BEGIN Records shown
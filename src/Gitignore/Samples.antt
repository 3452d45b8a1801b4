-- ===== src/Gitignore/Samples.antt =====
-- A `.gitignore` of two lines.
use docker_devbox_ddb.Prelude.{String, ◌≡◌, refl, true, false, some, [], ◌∷◌, contains, eq_string}
use docker_devbox_ddb.Gitignore.{
  Markers, split_block_lines, split_from, add_target, remove_target, is_block_limit,
  get_block_limit, read_and_split, sanitize_block, write_gitignore_content, ends_by_start,
}
use docker_devbox_ddb.Gitignore.Split.{IsPlain, get_block_limit-IsStart, get_block_limit-IsEnd}
use docker_devbox_ddb.Gitignore.Restore.{remove-add_target, add_target-managed}

abbrev markers : Markers
markers = record { first = "ddb"; others = [] }

added :
    add_target markers "/out" (some ("*.pyc" ∷ "" ∷ []))
    ≡ some ("*.pyc" ∷ "" ∷ "###> ddb ###" ∷ "/out" ∷ "###< ddb ###" ∷ [])
unfolding add_target read_and_split sanitize_block write_gitignore_content split_from is_block_limit
    get_block_limit contains ends_by_start split_block_lines
added = refl

pyc-IsPlain : IsPlain markers "*.pyc"
unfolding is_block_limit
pyc-IsPlain = (refl, refl)

out-IsPlain : IsPlain markers "/out"
unfolding is_block_limit
out-IsPlain = (refl, refl)

a-IsPlain : IsPlain markers "/a"
unfolding is_block_limit
a-IsPlain = (refl, refl)

end_line : is_block_limit markers (get_block_limit markers false) true ≡ false
unfolding is_block_limit get_block_limit
end_line = refl

remove-add_target_example :
    remove_target markers "/out" (add_target markers "/out" (some ("*.pyc" ∷ [])))
    ≡ write_gitignore_content ("*.pyc" ∷ [])
remove-add_target_example =
    remove-add_target markers ("*.pyc" ∷ []) "/out" (pyc-IsPlain, tt) out-IsPlain refl

not_there : contains {A = String} ("/out" ∷ []) "/a" ≡ false
unfolding contains
not_there = refl

add_target-managed_example :
    add_target markers "/a"
      (some ("*.pyc" ∷ get_block_limit markers true ∷ "/out" ∷ get_block_limit markers false ∷ []))
    ≡ some (
        "*.pyc" ∷ get_block_limit markers true ∷ "/out" ∷ "/a" ∷ get_block_limit markers false ∷ [])
add_target-managed_example =
    add_target-managed markers ("*.pyc" ∷ []) ("/out" ∷ []) [] "/a" (get_block_limit markers true)
      (get_block_limit markers false) (pyc-IsPlain, tt) (out-IsPlain, tt)
      (get_block_limit-IsStart markers) (get_block_limit-IsEnd markers) refl not_there
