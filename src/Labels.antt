-- ===== src/Labels.antt =====
-- ddb/feature/docker/actions.py, `EmitDockerComposeConfigAction`: the events that the labels of a service stand
-- for, and the certificates that are no longer asked for. The patterns, the methods of Python's texts and the
-- vendored `simple_eval` are parameters.
pub mod Grouped
pub mod Domains
mod Samples
use Prim.Native.String.{◌++◌ as append}
use docker_devbox_ddb.Prelude.{
  String, Bool, true, false, not, Option, none, some, List, [], ◌∷◌, ◌++◌, contains, select, Result,
  ok, err, ◌>>=◌, ◌==◌, if◌then◌else◌, eq_string,
}
use docker_devbox_ddb.Prelude.Exec.{Exec, for_each}
use docker_devbox_ddb.Dict.{Dict, lookup, insert, keys}
use docker_devbox_ddb.Cache.{Cache, set, pop}

-- The groups of a label's key: the event, an identifier, and a property
pub record Key : Type 0 where
  pub event_name : String
  pub event_id : Option String
  pub property_name : Option String

-- `"=" in expression` with `expression.split("=", 1)`, and the parts of `value.split("|")` that are stripped
pub record Reader (V X : Type 0) : Type 0 where
  pub match_key : String → Option Key
  pub is_keyword : String → Bool
  pub split_values : String → List String
  pub split_assignment : String → Option (String × String)
  pub eval_match : String → Option String
  pub simple_eval : String → Result X V
  pub text_value : String → V

-- Positional and named arguments
pub record Arguments (V : Type 0) : Type 0 where
  pub args : List V
  pub kwargs : Dict V

-- The arguments of an event by its identifier, and those of all events by their names
abbrev pub Calls : Type 0 → Type 0
Calls V = List (Option String × Arguments V)

abbrev pub same_id : Option String → Option String → Bool
same_id none none = true
same_id none (some b) = false
same_id (some a) none = false
same_id (some a) (some b) = a == b

module _ {V : Type 0} where
  -- `d.update(items)`
  unfoldable pub update : Dict V → Dict V → Dict V
  update d [] = d
  update d ((key, value) ∷ items) = update (insert key value d) items

  abbrev pub no_arguments : Arguments V
  no_arguments = record { args = []; kwargs = [] }

  -- `args.append(val)`, or `kwargs[var] = val` for a name that is not empty
  abbrev pub add_value : Option String → V → Arguments V → Arguments V
  add_value none value a = record a { args = a.args ++ value ∷ [] }
  add_value (some var) value a =
      if var == ""
      then record a { args = a.args ++ value ∷ [] }
      else record a { kwargs = insert var value a.kwargs }

  abbrev pub merge : Arguments V → Arguments V → Arguments V
  merge a b = record { args = a.args ++ b.args; kwargs = update a.kwargs b.kwargs }

  -- The calls of an event with those of one more label
  unfoldable pub add_call : Option String → Arguments V → Calls V → Calls V
  unfolding update
  add_call event_id a [] = (event_id, a) ∷ []
  add_call event_id a ((j, b) ∷ calls) =
      if same_id j event_id then (j, merge b a) ∷ calls else (j, b) ∷ add_call event_id a calls

  abbrev pub calls_of : Option (Calls V) → Calls V
  calls_of none = []
  calls_of (some calls) = calls

  unfoldable pub add_event : Key → Arguments V → Dict (Calls V) → Dict (Calls V)
  unfolding add_call
  add_event key a events =
      insert key.event_name (add_call key.event_id a (calls_of (lookup key.event_name events)))
        events

module _ {V X : Type 0} (reader : Reader V X) where
  open reader use {
    match_key, is_keyword, split_values, split_assignment, eval_match, simple_eval, text_value,
  }

  -- `var, val` of an expression
  abbrev pub assignment : Option String → String → Option (String × String) → Option String × String
  assignment (some property) expression o = (some property, expression)
  assignment none expression none = (none, expression)
  assignment none expression (some (var, val)) = (some var, val)

  abbrev pub evaluate : String → Option String → Result X V
  evaluate val none = ok (text_value val)
  evaluate val (some expression) = simple_eval expression

  -- The loop of `_parse_value`
  unfoldable pub parse_expressions :
      Option String → List String → Arguments V → Result X (Arguments V)
  parse_expressions property [] a = ok a
  parse_expressions property (expression ∷ expressions) a =
      let (var, val) = assignment property expression (split_assignment expression) in
      evaluate val (eval_match val)
      >>= (λ value. parse_expressions property expressions (add_value var value a))

  -- `_parse_value`
  unfoldable pub parse_value : Option String → String → Result X (Arguments V)
  unfolding parse_expressions
  parse_value none value = parse_expressions none (split_values value) no_arguments
  parse_value (some property) value = parse_expressions (some property) (value ∷ []) no_arguments

  abbrev pub property_of : Option String → Option String
  property_of none = none
  property_of (some property) = some (if is_keyword property then append property "_" else property)

  abbrev pub with_service : V → Key → Arguments V → Arguments V
  with_service service key a =
      if key.event_name == "docker:binary"
      then record a { kwargs = insert "docker_compose_service" service a.kwargs }
      else a

  -- The arguments of one label
  unfoldable pub parse_label : String → Key → String → Result X (Arguments V)
  unfolding parse_value
  parse_label service key value =
      parse_value (property_of key.property_name) value
      >>= (λ a. ok (with_service (text_value service) key a))

  abbrev pub build_label :
      (Key → Result X (Arguments V))
      → (Dict (Calls V) → Result X (Dict (Calls V)))
      → Dict (Calls V)
      → Option Key
      → Result X (Dict (Calls V))
  build_label parse rest events none = rest events
  build_label parse rest events (some key) = parse key >>= (λ a. rest (add_event key a events))

  -- The loop of `_build_event_data`
  unfoldable pub build_from : String → Dict String → Dict (Calls V) → Result X (Dict (Calls V))
  unfolding parse_label add_event
  build_from service [] events = ok events
  build_from service ((label, value) ∷ labels) events =
      build_label (λ key. parse_label service key value) (build_from service labels) events
        (match_key label)

  unfoldable pub build_event_data : String → Dict String → Result X (Dict (Calls V))
  unfolding build_from
  build_event_data service labels = build_from service labels []

-- The cache of domains, and what the events change
pub record CertDomains (W : Type 0) : Type 0 where
  pub cache : Cache (Unit {0})
  pub world : W

abbrev pub pop_each : List String → Cache (Unit {0}) → Cache (Unit {0})
pop_each [] c = c
pop_each (domain ∷ domains) c = pop_each domains (pop domain c)

abbrev pub set_each : List String → Cache (Unit {0}) → Cache (Unit {0})
set_each [] c = c
set_each (domain ∷ domains) c = set_each domains (set domain tt c)

abbrev pub removed_domains : List String → Cache (Unit {0}) → List String
removed_domains cert_domains c =
    select (λ domain. not (contains cert_domains domain)) (keys c.entries)

module _ {W X : Type 0} (remove_cert : String → Exec W X Unit) where
  abbrev pub keep_domains :
      List String → CertDomains W → W × Result X (Unit {0}) → CertDomains W × Result X (Unit {0})
  keep_domains cert_domains s (w, ok u) = (
    record {
      cache = set_each cert_domains (pop_each (removed_domains cert_domains s.cache) s.cache);
      world = w;
    },
    ok tt,
  )
  keep_domains cert_domains s (w, err x) = (record s { world = w }, err x)

  -- `_update_cache_and_emit_certs_remove`: an event that raises ends it before the cache is changed.
  unfoldable pub update_domains : List String → Exec (CertDomains W) X Unit
  update_domains cert_domains s =
      keep_domains cert_domains s
        (for_each remove_cert (removed_domains cert_domains s.cache) s.world)
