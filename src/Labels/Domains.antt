-- ===== src/Labels/Domains.antt =====
-- ddb/feature/docker/actions.py: which certificates are removed, and what the cache of domains keeps.
use docker_devbox_ddb.Prelude.{eq_string}
use docker_devbox_ddb.Prelude.Exec.{Exec}
use docker_devbox_ddb.Cache.{Cache}
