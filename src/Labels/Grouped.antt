-- ===== src/Labels/Grouped.antt =====
-- ddb/feature/docker/actions.py, `_build_event_data`: the labels of one event and identifier make one call.
use docker_devbox_ddb.Prelude.{
  String, true, false, ◌&&◌, Option, none, some, List, [], ◌∷◌, ◌++◌, append_assoc, append-nil,
  Result, ok, ◌>>=◌, ◌==◌, eq_iff, if◌then◌else◌, ◌≡◌, refl, sym, ap, ◌∙◌, arith, Bool-cases,
  Option-cases, Result-cases, inl, inr,
}
use docker_devbox_ddb.Dict.{Dict, lookup, lookup-insert}
use docker_devbox_ddb.Labels.{
  Key, Reader, Arguments, Calls, same_id, add_call, calls_of, add_event, parse_label, build_from,
  build_event_data,
}

same_id_refl : (a : Option String) → same_id a a ≡ true
same_id_refl none = refl
same_id_refl (some a) = (eq_iff a a).1 refl

same_id_eq : (a b : Option String) → same_id a b ≡ true → a ≡ b
same_id_eq none none h = refl
same_id_eq none (some b) h = absurd (ground arith)
same_id_eq (some a) none h = absurd (ground arith)
same_id_eq (some a) (some b) h = ap some ((eq_iff a b).0 h)

-- Identifiers that are the same as a third one are the same.
other_id :
    (k j id : Option String) → same_id k j ≡ false → same_id k id ≡ true → same_id j id ≡ false
other_id k j id n h = elim (Bool-cases (same_id j id)) [
  | inr other ↦ other
  | inl same ↦
      let e : k ≡ j = same_id_eq k id h ∙ sym (same_id_eq j id same) in
      let q : same_id k j ≡ true = ap (λ o. same_id k o) (sym e) ∙ same_id_refl k in
      absurd (ground arith)
]

module _ {V : Type 0} where
  -- The positional arguments of the call with an identifier, and of an event's
  abbrev pub args_of : Option String → Calls V → List V
  args_of id [] = []
  args_of id ((j, a) ∷ calls) = if same_id j id then a.args else args_of id calls

  abbrev pub event_args : String → Option String → Dict (Calls V) → List V
  event_args name id events = args_of id (calls_of (lookup name events))

  -- The arguments of the labels with a name and an identifier, one after the other
  abbrev pub label_args : String → Option String → List (Key × Arguments V) → List V
  label_args name id [] = []
  label_args name id ((key, a) ∷ parsed) =
      (if key.event_name == name && same_id key.event_id id then a.args else [])
      ++ label_args name id parsed

  abbrev add_parsed : List (Key × Arguments V) → Dict (Calls V) → Dict (Calls V)
  add_parsed [] events = events
  add_parsed ((key, a) ∷ parsed) events = add_parsed parsed (add_event key a events)

  args_of-add_call :
      (id j : Option String) (a : Arguments V) (calls : Calls V)
      → args_of id (add_call j a calls) ≡ args_of id calls ++ (if same_id j id then a.args else [])
  unfolding add_call
  args_of-add_call id j a [] = refl
  args_of-add_call id j a ((k, b) ∷ calls) = elim (Bool-cases (same_id k j)) [
    | inl same ↦
        let q : same_id j id ≡ same_id k id = ap (λ o. same_id o id) (sym (same_id_eq k j same)) in
        elim (Bool-cases (same_id k id)) [
          | inl here ↦ rw (same, q, here) refl
          | inr there ↦ rw (same, q, there) (sym (append-nil (args_of id calls)))
        ]
    | inr apart ↦ elim (Bool-cases (same_id k id)) [
      | inl here ↦ rw (apart, here, other_id k j id apart here) (sym (append-nil b.args))
      | inr there ↦ rw (apart, there) (args_of-add_call id j a calls)
    ]
  ]

  event_args-add_event :
      (name : String) (id : Option String) (key : Key) (a : Arguments V) (events : Dict (Calls V))
      → event_args name id (add_event key a events)
        ≡ event_args name id events
          ++ (if key.event_name == name && same_id key.event_id id then a.args else [])
  unfolding add_event
  event_args-add_event name id key a events =
      ap (λ o. args_of id (calls_of o))
        (lookup-insert key.event_name
          (add_call key.event_id a (calls_of (lookup key.event_name events))) events name)
      ∙ elim (Bool-cases (key.event_name == name)) [
        | inl same ↦
            let e : key.event_name ≡ name = ground (arith, eq_iff key.event_name name) in
            rw same (
              args_of-add_call id key.event_id a (calls_of (lookup key.event_name events))
              ∙ ap
                  (λ n.
                    args_of id (calls_of (lookup n events))
                    ++ (if same_id key.event_id id then a.args else []))
                  e)
        | inr other ↦ rw other (sym (append-nil (event_args name id events)))
      ]

  event_args-add_parsed :
      (name : String) (id : Option String) (parsed : List (Key × Arguments V))
      (events : Dict (Calls V))
      → event_args name id (add_parsed parsed events)
        ≡ event_args name id events ++ label_args name id parsed
  event_args-add_parsed name id [] events = sym (append-nil (event_args name id events))
  event_args-add_parsed name id ((key, a) ∷ parsed) events =
      event_args-add_parsed name id parsed (add_event key a events)
      ∙ ap (λ l. l ++ label_args name id parsed) (event_args-add_event name id key a events)
      ∙ append_assoc (event_args name id events) _ (label_args name id parsed)

module _ {V X : Type 0} (reader : Reader V X) where
  abbrev pub parse_next :
      (Key → Result X (Arguments V))
      → Result X (List (Key × Arguments V))
      → Option Key
      → Result X (List (Key × Arguments V))
  parse_next parse rest none = rest
  parse_next parse rest (some key) =
      parse key >>= (λ a. rest >>= (λ parsed. ok ((key, a) ∷ parsed)))

  -- Each label that is an event's, with the arguments that it is parsed to; the first exception ends it.
  abbrev pub parse_labels : String → Dict String → Result X (List (Key × Arguments V))
  parse_labels service [] = ok []
  parse_labels service ((label, value) ∷ labels) =
      parse_next (λ key. parse_label reader service key value) (parse_labels service labels)
        (reader.match_key label)

  build_from-parse_labels :
      (service : String) (labels : Dict String) (events : Dict (Calls V))
      → build_from reader service labels events
        ≡ (parse_labels service labels >>= (λ parsed. ok (add_parsed parsed events)))
  unfolding build_from
  build_from-parse_labels service [] events = refl
  build_from-parse_labels service ((label, value) ∷ labels) events =
      elim (Option-cases (reader.match_key label)) [
        | inl other ↦ rw other (build_from-parse_labels service labels events)
        | inr (key, found) ↦ elim (Result-cases (parse_label reader service key value)) [
          | inr (x, raised) ↦ rw (found, raised) refl
          | inl (a, parsed) ↦
              rw (found, parsed)
                (build_from-parse_labels service labels (add_event key a events)
                  ∙ elim (Result-cases (parse_labels service labels)) [
                    | inl (ps, all) ↦ rw all refl
                    | inr (x, raised) ↦ rw raised refl
                  ])
        ]
      ]

  -- When every label of a service that stands for an event is parsed, the events are built, and the call of an event
  -- with an identifier has the positional arguments of just the labels with both, in the order of the labels.
  pub build_event_data-args :
      (service : String) (labels : Dict String) (parsed : List (Key × Arguments V))
      → parse_labels service labels ≡ ok parsed
      → (events : Dict (Calls V)) × (build_event_data reader service labels ≡ ok events)
        × ((name : String) (id : Option String)
            → event_args name id events ≡ label_args name id parsed)
  unfolding build_event_data lookup
  build_event_data-args service labels parsed h = (
    add_parsed parsed [],
    build_from-parse_labels service labels [] ∙ ap (λ r. r >>= (λ ps. ok (add_parsed ps []))) h,
    (λ name id. event_args-add_parsed name id parsed []),
  )
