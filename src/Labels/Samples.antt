-- ===== src/Labels/Samples.antt =====
-- Labels of one service, of which two belong to one call, and a cache of domains.
use docker_devbox_ddb.Prelude.{
  String, Option, none, some, List, [], ◌∷◌, ◌++◌, ok, err, eq_string, ◌==◌, if◌then◌else◌, ◌≡◌,
  refl,
}
use docker_devbox_ddb.Prelude.Exec.{Exec}
use docker_devbox_ddb.Dict.{Dict, lookup, insert}
use docker_devbox_ddb.Cache.{Cache}
use docker_devbox_ddb.Labels.{
  Key, Reader, Arguments, Calls, update, add_call, add_event, parse_expressions, parse_value,
  parse_label, build_from, build_event_data, CertDomains,
}
use docker_devbox_ddb.Labels.Grouped.{event_args, label_args, build_event_data-args}

abbrev key : Option String → Option String → Key
key id property = record { event_name = "certs:generate"; event_id = id; property_name = property }

abbrev reader : Reader String String
reader = record {
  match_key = λ label.
      if label == "ddb.emit.certs:generate"
      then some (key none none)
      else if label == "ddb.emit.certs:generate(class)"
      then some (key none (some "class"))
      else none;
  is_keyword = λ word. word == "class";
  split_values = λ value. if value == "a|b" then "a" ∷ "b" ∷ [] else value ∷ [];
  split_assignment = λ expression. none;
  eval_match = λ text. none;
  simple_eval = λ text. err "InvalidExpression";
  text_value = λ text. text;
}

abbrev labels : Dict String
labels =
    ("ddb.emit.certs:generate", "a|b")
    ∷ ("other", "x")
    ∷ ("ddb.emit.certs:generate(class)", "c")
    ∷ []

abbrev parsed : List (Key × Arguments String)
parsed =
    (key none none, record { args = "a" ∷ "b" ∷ []; kwargs = [] })
    ∷ (key none (some "class"), record { args = []; kwargs = ("class_", "c") ∷ [] })
    ∷ []

built :
    build_event_data reader "web" labels
    ≡ ok (
        (
          "certs:generate",
          (none, record { args = "a" ∷ "b" ∷ []; kwargs = ("class_", "c") ∷ [] }) ∷ [],
        )
        ∷ [])
unfolding build_event_data build_from parse_label parse_value parse_expressions add_event add_call
    update insert lookup
built = refl

build_event_data-args_example :
    (events : Dict (Calls String)) × (build_event_data reader "web" labels ≡ ok events)
    × ((name : String) (id : Option String) → event_args name id events ≡ label_args name id parsed)
unfolding parse_label parse_value parse_expressions insert
build_event_data-args_example = build_event_data-args reader "web" labels parsed refl

abbrev note : String → Exec (List String) String Unit
note domain w = (w ++ domain ∷ [], ok tt)

abbrev cached : CertDomains (List String)
cached = record {
  cache = record { entries = ("a.test", tt) ∷ ("b.test", tt) ∷ []; synced = [] };
  world = [];
}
END Records shown
### Problem
Look through the material above for the string "CertDomains" and copy each line that has it.

### Completed task
pub record CertDomains (W : Type 0) : Type 0 where
      List String → CertDomains W → W × Result X (Unit {0}) → CertDomains W × Result X (Unit {0})
  unfoldable pub update_domains : List String → Exec (CertDomains W) X Unit
  parse_label, build_from, build_event_data, CertDomains,
abbrev cached : CertDomains (List String)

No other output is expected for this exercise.